Circumvent Facial Recognition With Yarn

Knitwear can protect you from a winter chill, but what if it could keep you safe from the prying eyes of Big Brother as well? [Ottilia Westerlund] decided to put her knitting skills to the test for this anti-surveillance sweater.

[Westerlund] explains that “yarn is a programable material” containing FOR loops and other similar programming concepts transmitted as knitting patterns. In the video (after the break) she also explores the history of knitting in espionage using steganography embedded in socks and other knitwear to pass intelligence in unobtrusive ways.
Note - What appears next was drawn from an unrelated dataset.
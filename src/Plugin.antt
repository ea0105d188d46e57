-- ===== src/Plugin.antt =====
-- pkg/plugin: the plugins of the command-line tool.
pub mod Trust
This lead to the restriction of shipping handmade knit goods in WWII by the UK government.

Back in the modern day, [Westerlund] took the Hyperface pattern developed by the Adam Harvey and turned it into a knitting pattern. Designed to circumvent detection by Viola-Jones based facial detection systems, the pattern presents a computer vision system with a number of “faces” to distract it from covered human faces in an image. While the knitted jumper (sweater for us Americans) can confuse certain face detection systems, [Westerlund] crushes our hope of a fuzzy revolution by saying that it is unsuccessful against the increasingly prevalent neural network-based facial detection systems creeping on our day-to-day activities.

The knitting pattern is available if you want to try your hands at it, but [Westerlund] warns it’s a bit of a pain to actually implement. If you want to try knitting and tech mashup, check out this knitting clock or this software to turn 3D models into knitting patterns.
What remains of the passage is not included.